Whether their goal is to create therapies or simply investigate how organisms develop, stem cell researchers face what is perhaps one of biological science's toughest assignments: keeping their tiny research subjects under control.
Stem cells have notoriously finicky tastes, and despite a decade of advances, researchers are still honing the conditions under which the cells will continue dividing indefinitely in culture or begin morphing into specific cell types.
University of Wisconsin-Madison research led by chemistry professor Laura Kiessling now offers these scientists a new tool. Writing in the May 11 online edition of ACS Chemical Biology, Kiessling and her colleagues describe a system that can quickly and systemically screen hundreds of individual molecules for their ability to influence stem cell fates.

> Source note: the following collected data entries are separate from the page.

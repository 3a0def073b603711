-- ===== src/Tests/Requester.antt =====
-- A work request of ten bytes at an MTU of four.
use Prim.{tt}
use libroce.Base.{
  map, ℕ, suc, ◌+◌, ◌*◌, ◌^◌, ◌<◌, ◌≡◌, ◌⊎◌, refl, List, [], ◌∷◌, none, some, false, true, arith,
}
use libroce.Ib.Opcode
use libroce.Word.{bswap32, bswap16}
use libroce.Iov.{Iov}
use libroce.Iov.Span.{total}
use libroce.Psn.Order.{after}
use libroce.Qp.{rc, qp_type_to_ib}
use libroce.Wr.{SendWr, send}
use libroce.Requester.{no_ext, Packet, Ctx, Requester, Outcome, failed, endless, done, netpkt_psn}
use libroce.Requester.Multi.{send_multi}
use libroce.Requester.Queue.{xmit_pkts, handle_ack}
use libroce.Requester.Sends.{Sends}
use libroce.Requester.Window.{InOrder, Sent, xmit_pkts-Sent, xmit_pkts-none}
use libroce.Requester.Acks.{Shifts}
use libroce.Requester.Handled.{handle_ack-Shifts}
use libroce.Tests.Mr.{regions, table, element}

abbrev pub ctx : Ctx
ctx = record {
  page_size = 4096;
  vnet_hdr = 12;
  active_mtu = 1024;
  dma_map = λ a n. a;
  memory = λ k. true;
}

abbrev pub qp : Requester
qp = record {
  handle = 2;
  qp_type = rc;
  pd = 9;
  sq_sig_all = true;
  dest_qp_num = 3;
  path_mtu = 4;
  max_inline_data = 64;
  sq_psn = 100;
  psn = 100;
  pending = [];
  outgoing = [];
  wrs = [];
  pds = record { objects = record { table = table; ref = λ p. 1 }; pd_ctx = λ p. 0 };
  mrs = regions;
  sent = [];
  completed = [];
}

abbrev pub wr : SendWr
wr = record {
  address = 500;
  sge_address = 600;
  error = 0;
  mapped = true;
  wr_id = 1;
  opcode = send;
  send_flags = 2;
  imm_data = 0;
  remote_addr = 0;
  rkey = 0;
  remote_qpn = 0;
  remote_qkey = 0;
  ah = 0;
  sges = element ∷ [];
}

pub known : qp_type_to_ib rc ≡ some 0
unfolding qp_type_to_ib
known = refl

abbrev paid : List (ℕ × List Iov) → ℕ
paid [] = 0
paid ((at, vs) ∷ more) = total vs + paid more

abbrev sizes : Outcome → List ℕ
sizes failed = []
sizes endless = []
sizes (done s) = map (λ pkt. paid pkt.payload) s.pending

three_packets : sizes (send_multi ctx qp wr 4 10 false true 10) ≡ 4 ∷ 4 ∷ 2 ∷ []
unfolding send_multi
three_packets = refl

-- A packet with the sequence number `n`, which is less than 256.
abbrev pub numbered : ℕ → Packet
numbered n = record {
  opaque = 0;
  num_iov = 9;
  vnet_len = 0;
  padcnt = 0;
  bth = record { opcode = 0; flags = 0; pkey = 0; u32_1 = 0; u32_2 = n * 2 ^ 24 };
  ext = no_ext;
  eth_len = 0;
  payload = [];
}

abbrev busy : Requester
busy = record qp { psn = 102; outgoing = numbered 100 ∷ []; pending = numbered 101 ∷ [] }

busy-InOrder : InOrder busy
unfolding netpkt_psn bswap32 bswap16
busy-InOrder = record { row = (refl, (refl, tt)); next = refl; fits = omega arith }

xmit_pkts-Sent_example : Sent busy (xmit_pkts busy)
xmit_pkts-Sent_example = xmit_pkts-Sent busy busy-InOrder (omega arith) (omega arith)

handle_ack-Shifts_example :
    ((m : ℕ)
      → m < 1
      → Shifts (suc m) busy (handle_ack busy (after 100 m))
        × ((s' : Requester) → handle_ack busy (after 100 m) ≡ some s' → InOrder s'))
    × ((psn k : ℕ)
        → 0 < k
        → k < 2 ^ 22
        → (100 ≡ after psn k) ⊎ (psn ≡ after 102 k)
        → handle_ack busy psn ≡ some busy)
handle_ack-Shifts_example = handle_ack-Shifts busy busy-InOrder (omega arith)

-- The last sequence number and the one behind it, zero.
abbrev crossing : Requester
crossing = record qp {
  sq_psn = 16777215;
  psn = 1;
  outgoing =
      record (numbered 0) {
        bth = record { opcode = 0; flags = 0; pkey = 0; u32_1 = 0; u32_2 = 0xffffff00 };
      }
      ∷ [];
  pending = numbered 0 ∷ [];
}

crossing-InOrder : InOrder crossing
unfolding netpkt_psn bswap32 bswap16
crossing-InOrder = record { row = (refl, (refl, tt)); next = refl; fits = omega arith }

xmit_pkts-none_example : xmit_pkts crossing ≡ none
xmit_pkts-none_example =
    xmit_pkts-none crossing crossing-InOrder (λ e. cc) (omega arith) (omega arith) (omega arith)
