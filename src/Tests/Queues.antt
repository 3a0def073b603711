-- ===== src/Tests/Queues.antt =====
-- Ten packets of one work request, of which nine are on their way; and a new work request of ten
-- bytes for an idle queue pair.
use Prim.{tt}
use libroce.Base.{
  ℕ, update, ◌+◌, ◌*◌, ◌≡◌, refl, inl, inr, List, [], ◌∷◌, none, some, ◌++◌, arith, map,
}
use libroce.Word.{bswap32, bswap16}
use libroce.Ib.Bth
use libroce.Netpkt.{set_bth_fields}
use libroce.Mr.Life.{put_mrs}
use libroce.Sge.{sge_len}
use libroce.Wr.{wc_send, send_wr_is_local, send_wr_opcode_to_wc, send_wr_is_inline}
use libroce.Requester.{Packet, Requester, Outcome, done, netpkt_psn, get_mtu}
use libroce.Requester.Queue.{handle_acknowledge, request_rc}
use libroce.Requester.Window.{InOrder}
use libroce.Requester.Owned.{IsReported, finished, part, whole, OwnedBy, ids_of}
use libroce.Requester.Live.{IsLive}
use libroce.Requester.Drain.{rounds, IsDrained, rounds-IsDrained}
use libroce.Requester.Joined.{CanEnd, Joins}
use libroce.Requester.Request.{request_rc-Joins}
use libroce.Mr.{Mrs}
use libroce.Tests.Mr.{element, regions}
use libroce.Tests.Requester.{ctx, qp, numbered, wr, known}

abbrev wr_reported : IsReported wr
unfolding sge_len send_wr_opcode_to_wc
wr_reported = record { len = 10; opcode = wc_send; flags = 0; has_len = refl; has_opcode = refl }

-- The region behind the end of the work request.
abbrev put_back : Mrs
put_back = record regions { objects = record regions.objects { ref = update (λ p. 1) 7 0 } }

put_one : put_mrs qp.pds regions (element ∷ []) ≡ some (qp.pds, put_back)
unfolding put_mrs
put_one = refl

abbrev ending : Packet
ending = record (numbered 109) { opaque = 500 }

abbrev working : Requester
working = record qp {
  psn = 110;
  outgoing = map numbered (100 ∷ 101 ∷ 102 ∷ 103 ∷ 104 ∷ 105 ∷ 106 ∷ 107 ∷ 108 ∷ []);
  pending = ending ∷ [];
  wrs = wr ∷ [];
}

working-InOrder : InOrder working
unfolding netpkt_psn bswap32 bswap16
working-InOrder = record {
  row = (refl, (refl, (refl, (refl, (refl, (refl, (refl, (refl, (refl, (refl, tt))))))))));
  next = refl;
  fits = omega arith;
}

working-Owned :
    OwnedBy working
      (map numbered (100 ∷ 101 ∷ 102 ∷ 103 ∷ 104 ∷ 105 ∷ 106 ∷ 107 ∷ 108 ∷ []) ++ ending ∷ [])
unfolding send_wr_is_local
working-Owned = parts (100 ∷ 101 ∷ 102 ∷ 103 ∷ 104 ∷ 105 ∷ 106 ∷ 107 ∷ 108 ∷ []) (
    whole qp.pds qp.pds regions put_back wr [] ending [] refl refl (omega arith) wr_reported put_one
      (finished qp.pds put_back))
  where
    parts :
        (ns : List ℕ)
        → OwnedBy working (ending ∷ [])
        → OwnedBy working (map numbered ns ++ ending ∷ [])
    parts [] o = o
    parts (n ∷ ns) o =
        part qp.pds qp.mrs (wr ∷ []) (numbered n) (map numbered ns ++ ending ∷ []) refl (parts ns o)

working-IsLive : IsLive working
working-IsLive = record {
  order = working-InOrder;
  owned = working-Owned;
  window = omega arith;
  full = inr refl;
  straight = omega arith;
  small = omega arith;
}

rounds-IsDrained_example :
    (s' : Requester) × (rounds (λ n. 3 * n + 1) 10 working ≡ some s') × IsDrained working s'
rounds-IsDrained_example = rounds-IsDrained (λ n. 3 * n + 1) 10 working working-IsLive (omega arith)

qp-IsLive : IsLive qp
qp-IsLive = record {
  order = record { row = tt; next = refl; fits = omega arith };
  owned = finished qp.pds qp.mrs;
  window = omega arith;
  full = inl refl;
  straight = omega arith;
  small = omega arith;
}

abbrev wr_ends : CanEnd qp wr
unfolding send_wr_is_local put_mrs
wr_ends = record {
  stays = refl;
  address = omega arith;
  reported = wr_reported;
  left = (qp.pds, put_back);
  released = put_one;
}

request_rc-Joins_example : Joins qp wr (request_rc 10 ctx qp wr)
unfolding get_mtu send_wr_is_inline wr_ends wr_reported
request_rc-Joins_example =
    request_rc-Joins ctx qp wr 0 10 wr_ends known qp-IsLive refl refl (omega arith)
      ((omega arith, omega arith, tt), (omega arith, tt)) refl (omega arith) (omega arith)
      (omega arith) (omega arith) (omega arith)

-- The identifiers that rounds of acknowledgements report behind the call.
abbrev reported : Outcome → List ℕ
reported (done s) = elim (rounds (λ n. 1) 3 s) [ none ↦ [] | some s' ↦ ids_of s' ]
reported o = []

one_reported : reported (request_rc 10 ctx qp wr) ≡ 1 ∷ []
unfolding request_rc handle_acknowledge bswap32 bswap16 set_bth_fields Bth.set_psn Bth.clear_resv2
    Bth.set_ack Bth.set_destqp Bth.clear_resv1 Bth.set_becn Bth.set_fecn Bth.set_pkey Bth.set_tver
    Bth.set_padcnt Bth.set_mig Bth.set_se Bth.set_opcode
one_reported = refl
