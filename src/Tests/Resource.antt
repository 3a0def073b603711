-- ===== src/Tests/Resource.antt =====
-- A resource table of two slots.
use libroce.Base.{
  ℕ, zero, suc, ◌<◌, ◌≤◌, ◌≡◌, ◌≢◌, ◌⊎◌, refl, [], ◌∷◌, none, some, pos, einval, ebusy, arith, true,
}
use libroce.Resource.{Resource, alloc, alloc_at, get, free, init}
use libroce.Resource.Slots.{slot, IsValid, IsFresh}
use libroce.Resource.Contract.{Updated, alloc-Updated, alloc_at-Updated, free-Updated}
use libroce.Resource.Steps.{Reachable, ready, allocated, Reachable-get}

-- The object at the address 7 has the handle 0.
abbrev table : Resource
table = record { size = 2; addr = 7 ∷ 0 ∷ []; handle = λ p. 0 }

table-IsValid : IsValid table
table-IsValid = record { full = refl; knows = knows }
  where
    knows : (i : ℕ) → slot table i ≢ 0 → 0 ≡ i
    knows zero n = refl
    knows (suc zero) n = absurd (n refl)
    knows (suc (suc i)) n = absurd (n refl)

nine-IsFresh : IsFresh table 9
nine-IsFresh zero e = omega arith
nine-IsFresh (suc zero) e = omega arith
nine-IsFresh (suc (suc i)) e = omega arith

nine_ne_zero : 9 ≢ zero
nine_ne_zero e = omega arith

alloc-Updated_example :
    ((i : ℕ) × (r' : Resource) × (alloc table 9 ≡ (pos i, r'))
      × (i < 2)
      × (get table i ≡ some 0)
      × ((k : ℕ) → k < i → get table k ≢ some 0)
      × Updated table i 9 r')
    ⊎ ((alloc table 9 ≡ (ebusy, table)) × ((k : ℕ) → k < 2 → get table k ≢ some 0))
alloc-Updated_example = alloc-Updated table 9 table-IsValid nine-IsFresh nine_ne_zero

alloc_at-Updated_example :
    (2 ≤ 1 → alloc_at table 9 1 ≡ (einval, table))
    × (1 < 2 → get table 1 ≢ some 0 → alloc_at table 9 1 ≡ (ebusy, table))
    × (1 < 2
        → get table 1 ≡ some 0
        → (r' : Resource) × (alloc_at table 9 1 ≡ (pos 1, r')) × Updated table 1 9 r')
alloc_at-Updated_example = alloc_at-Updated table 9 1 table-IsValid nine-IsFresh nine_ne_zero

free-Updated_example :
    (get table 0 ≢ some 0 → (r' : Resource) × (free table 0 ≡ (pos 0, r')) × Updated table 0 0 r')
    × (get table 0 ≡ some 0 → free table 0 ≡ (einval, table))
free-Updated_example = free-Updated table 0 table-IsValid

abbrev blank : Resource
blank = record { size = 0; addr = []; handle = λ p. 0 }

abbrev fresh_table : Resource
fresh_table = (init blank 2 (pos 0) true).1

fresh_table-Reachable : Reachable fresh_table
fresh_table-Reachable = ready blank 2 (omega arith) (omega arith)

seven-IsFresh : IsFresh fresh_table 7
unfolding init
seven-IsFresh zero e = omega arith
seven-IsFresh (suc zero) e = omega arith
seven-IsFresh (suc (suc i)) e = omega arith

abbrev used_table : Resource
used_table = (alloc fresh_table 7).1

Reachable-get_example :
    ((i : ℕ) → get used_table i ≢ none)
    × ((i j res : ℕ) → res ≢ 0 → get used_table i ≡ some res → get used_table j ≡ some res → i ≡ j)
Reachable-get_example =
    Reachable-get used_table (allocated fresh_table 7 fresh_table-Reachable seven-IsFresh)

Harvesting the scientific and therapeutic promise of stem cells hinges on establishing precise and reproducible conditions for growing them, says Kiessling. Although great strides have been made in this area, scientists are still searching for factors that will boost stem cell growth rates, for example, or cut the number of cells that spontaneously transform, or "differentiate," into unwanted cell types.

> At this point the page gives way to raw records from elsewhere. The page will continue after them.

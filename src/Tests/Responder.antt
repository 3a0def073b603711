-- ===== src/Tests/Responder.antt =====
-- A message of one packet for a work request of sixteen bytes, and a whole packet.
use Prim.{tt}
use libroce.Base.{
  ℕ, ◌+◌, ◌-◌, ◌^◌, ◌≡◌, ◌≢◌, refl, List, length, if◌then◌else◌, ◌==◌, pos, Option, ℤ, [], ◌∷◌,
  get_or, none, some, false, arith,
}
use mathlib.Core.Option
use libroce.Iov.{iov_len, Iov, Taken, empty, read, reverse_iovs}
use libroce.Iov.Reverse.{End, reverse_iovs-End}
use libroce.Word.{bswap64, bswap32, bswap16}
use libroce.Ib.Opcode
use libroce.Ib.Bth.{Bth, get_psn, get_opcode}
use libroce.Crc.{crc32, crc_table}
use libroce.Crc.Packet.{ip4, mask_bth}
use libroce.Port.{Port}
use libroce.Qp.Modify.{rts}
use libroce.Wr.{RecvWr}
use libroce.Responder.{Responder}
use libroce.Responder.Wire.{ip_from, bth_from}
use libroce.Responder.Decap.{Frame, masked, net_decap}
use libroce.Responder.Intact.{net_decap-Intact}
use libroce.Responder.Whole.{Intact}
use libroce.Responder.Reliable.{recv_rc}
use libroce.Responder.Order.{Ordered, recv_rc-Ordered}
use libroce.Responder.Run.{Arrival, InSequence, receive_all, receive_all-InSequence}
use libroce.Responder.Payload.{get_eth}
use libroce.Responder.Stuck.{Carries, AreWrites, AreRefused, write_only-refuses}
use libroce.Tests.Requester.{ctx, qp}
use libroce.Tests.Mr.{element}

-- 66 bytes with their checksum.
abbrev sealed : List ℕ → List ℕ
sealed icrc =
    0 ∷ 0 ∷ 1 ∷ 2 ∷ 3 ∷ 4 ∷ 5 ∷ 6 ∷ 7 ∷ 7 ∷ 7 ∷ 7 ∷ 7 ∷ 7 ∷ 8 ∷ 0 ∷ 0x45 ∷ 0 ∷ 0 ∷ 48 ∷ 0 ∷ 0 ∷ 0
    ∷ 0 ∷ 64 ∷ 17 ∷ 0 ∷ 0 ∷ 10 ∷ 0 ∷ 0 ∷ 1 ∷ 10 ∷ 0 ∷ 0 ∷ 2 ∷ 200 ∷ 1 ∷ 0x12 ∷ 0xb7 ∷ 0 ∷ 28 ∷ 0 ∷ 0
    ∷ 4 ∷ 0 ∷ 0xff ∷ 0xff ∷ 0 ∷ 0 ∷ 0 ∷ 2 ∷ 0 ∷ 0 ∷ 0 ∷ 100 ∷ 11 ∷ 22 ∷ 33 ∷ 44 ∷ icrc

abbrev packet : List ℕ
packet = sealed (167 ∷ 7 ∷ 105 ∷ 169 ∷ [])

abbrev mem : ℕ → ℕ
mem p = get_or packet (p - 1000) 0

abbrev first : Iov
first = record { base = 1000; len = 40 }

abbrev second : Iov
second = record { base = 1040; len = 24 }

abbrev ip_bytes : List ℕ
ip_bytes =
    0x45 ∷ 0 ∷ 0 ∷ 48 ∷ 0 ∷ 0 ∷ 0 ∷ 0 ∷ 64 ∷ 17 ∷ 0 ∷ 0 ∷ 10 ∷ 0 ∷ 0 ∷ 1 ∷ 10 ∷ 0 ∷ 0 ∷ 2 ∷ []

abbrev bth_bytes : List ℕ
bth_bytes = 4 ∷ 0 ∷ 0xff ∷ 0xff ∷ 0 ∷ 0 ∷ 0 ∷ 2 ∷ 0 ∷ 0 ∷ 0 ∷ 100 ∷ []

abbrev port : Port
port = record {
  attr = record {
    max_mtu = 4096;
    active_mtu = 1024;
    gid_tbl_len = 8;
    pkey_tbl_len = 1;
    max_msg_sz = 0;
  };
  vnet_hdr = 2;
  gids = [];
  mac = 1 ∷ 2 ∷ 3 ∷ 4 ∷ 5 ∷ 6 ∷ [];
}

frame : Frame
unfolding ip_from bth_from mask_bth
frame = record {
  ip = masked (ip4 (ip_from ip_bytes));
  bth = mask_bth (bth_from bth_bytes);
  iovs = empty ∷ record { base = 1056; len = 4 } ∷ [];
}

let_through : net_decap mem port (first ∷ second ∷ []) ≡ some (some frame)
unfolding net_decap frame bswap16 bswap32 crc32 crc_table
let_through = refl

net_decap-Intact_example : Intact mem port (first ∷ second ∷ []) frame
net_decap-Intact_example =
    net_decap-Intact mem port (first ∷ second ∷ []) frame (omega arith) (omega arith) let_through

-- The same packet with another byte.
refused_other :
    net_decap (λ p. if p == 1057 then 23 else mem p) port (first ∷ second ∷ []) ≡ some none
unfolding net_decap bswap16 bswap32 crc32 crc_table
refused_other = refl

reverse_iovs-End_example :
    (t : Taken) × (ps : List ℕ) × (reverse_iovs mem (first ∷ second ∷ []) 30 ≡ some t)
    × End mem (first ∷ second ∷ []) 30 t ps
reverse_iovs-End_example = reverse_iovs-End mem first (second ∷ []) 30 (omega arith) (omega arith)

abbrev recv_wr : RecvWr
recv_wr = record {
  address = 700;
  byte_len = 0;
  sge_idx = 0;
  sge_off = 0;
  wr_id = 8;
  sges = element ∷ [];
}

abbrev responder : Responder
responder = record {
  qp = qp;
  qp_state = rts;
  rq_psn = 0xffffff;
  posted = 700 ∷ [];
  wrs = recv_wr ∷ [];
  mem = mem;
  iova = 0;
  rkey = 0;
  dmalen = 0;
  writtenlen = 0;
  in_psn_nak = false;
  msn = 0;
}

-- A message of four bytes, which asks for an answer.
abbrev message : ℕ → Bth
message psn = record {
  opcode = 4;
  flags = 0;
  pkey = 0xffff;
  u32_1 = bswap32 2;
  u32_2 = bswap32 (2 ^ 31 + psn);
}

abbrev payload : List Iov
payload = record { base = 1056; len = 4 } ∷ []

is_request : (psn : ℕ) → get_opcode (message psn) ≢ Opcode.acknowledge
unfolding get_opcode
is_request psn = λ e. cc

recv_rc-Ordered_example :
    Ordered responder
      (get_psn (message 0xffffff))
      (recv_rc ctx responder payload (message 0xffffff))
recv_rc-Ordered_example =
    recv_rc-Ordered ctx responder payload (message 0xffffff) (is_request 0xffffff) refl refl
      (omega arith)

abbrev seen : ℤ × Responder → ℤ × ℕ × ℕ × ℕ × List ℕ
seen (ret, r) = (ret, r.rq_psn, length r.qp.completed, length r.qp.sent, read r.mem 100000 4)

-- The packet is taken, its bytes are in memory, and the work request has completed.
taken_once :
    Option.map seen (recv_rc ctx responder payload (message 0xffffff))
    ≡ some (pos 0, 0, 1, 1, 11 ∷ 22 ∷ 33 ∷ 44 ∷ [])
unfolding recv_rc bswap32 bswap16
taken_once = refl

abbrev arrivals : List Arrival
arrivals =
    record { iovs = payload; bth = message 5 }
    ∷ record { iovs = payload; bth = message 0xffffff }
    ∷ record { iovs = payload; bth = message 0xffffff }
    ∷ record { iovs = payload; bth = message 0 }
    ∷ []

receive_all-InSequence_example : InSequence responder.rq_psn (receive_all ctx responder arrivals)
receive_all-InSequence_example =
    receive_all-InSequence ctx responder arrivals
      (is_request 5, (is_request 0xffffff, (is_request 0xffffff, (is_request 0, tt)))) refl refl
      (omega arith)

-- The third is a repetition, and there is no work request for the last.
one_taken : (receive_all ctx responder arrivals).0 ≡ 0xffffff ∷ []
unfolding receive_all bswap32 bswap16
one_taken = refl

-- Twenty bytes at 2000: a header that names four bytes of the region, and the bytes.
abbrev write_bytes : List ℕ
write_bytes = 0 ∷ 0 ∷ 0 ∷ 0 ∷ 0 ∷ 0 ∷ 0 ∷ 0 ∷ 0 ∷ 0 ∷ 0 ∷ 6 ∷ 0 ∷ 0 ∷ 0 ∷ 4 ∷ 55 ∷ 66 ∷ 77 ∷ 88 ∷ []

abbrev target : Responder
target = record responder { mem = λ p. get_or write_bytes (p - 2000) 0 }

abbrev write : List Iov
write = record { base = 2000; len = 20 } ∷ []

abbrev write_only : ℕ → Bth
write_only psn = record (message psn) { opcode = 10 }

abbrev left_by : Option (ℤ × Responder) → Responder
left_by none = target
left_by (some (ret, r)) = r

after_write : Responder
unfolding recv_rc
after_write = left_by (recv_rc ctx target write (write_only 0xffffff))

ran : recv_rc ctx target write (write_only 0xffffff) ≡ some (pos 0, after_write)
unfolding recv_rc after_write bswap32 bswap16 bswap64
ran = refl

there : Carries target.mem write 4
unfolding get_eth iov_len
there = (_, _, refl, refl)

still_there : Carries after_write.mem write 4
unfolding get_eth iov_len after_write recv_rc bswap32 bswap16
still_there = (_, _, refl, refl)

-- Two more of them.
abbrev more_writes : List Arrival
more_writes =
    record { iovs = write; bth = write_only 0 } ∷ record { iovs = write; bth = write_only 0 } ∷ []

more-AreWrites : AreWrites after_write.mem after_write.rq_psn more_writes
unfolding after_write recv_rc bswap32 bswap16 bswap64
more-AreWrites = (refl, refl, (4, still_there), (refl, refl, (4, still_there), tt))

write_only-refuses_example : AreRefused ctx after_write more_writes
unfolding get_opcode get_psn bswap32 bswap16
write_only-refuses_example =
    write_only-refuses ctx target after_write write (write_only 0xffffff) 3 more_writes refl refl
      refl refl refl there (omega arith) ran more-AreWrites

As a means to quickly identify specific molecules that might produce these and other effects, the technique could hasten efforts to develop stem cell therapies and attain new insights in developmental biology, says Kiessling. Moreover, her team's chemistry-based technique not only allows scientists to test molecules from nature, but synthetic ones, as well.
"One provocative possibility is that if you deliver non-natural signals to these cells maybe you can get a greater diversity of responses than if you just use biological signals," says Kiessling.
Inside living organisms, stem cells nestle within the "stem cell niche," a microenvironment in which they bump against the surfaces of other cells, as well as adhere to a substrate called the extracellular matrix (ECM). These interactions with surfaces play a key role in stem cell growth and differentiation. And that got Kiessling thinking.
"If we want to control stem cell fates," she says, "maybe we could start to create surfaces of defined molecules, put stem cells down on them, and ask, 'What happens?'"
To this end, the researchers tethered 18 distinct protein fragments, known as peptides, to the surfaces of specially treated microscope slides. The peptides were arranged in a regular pattern of squares, each measuring one-half to three-quarters of a millimeter on a side.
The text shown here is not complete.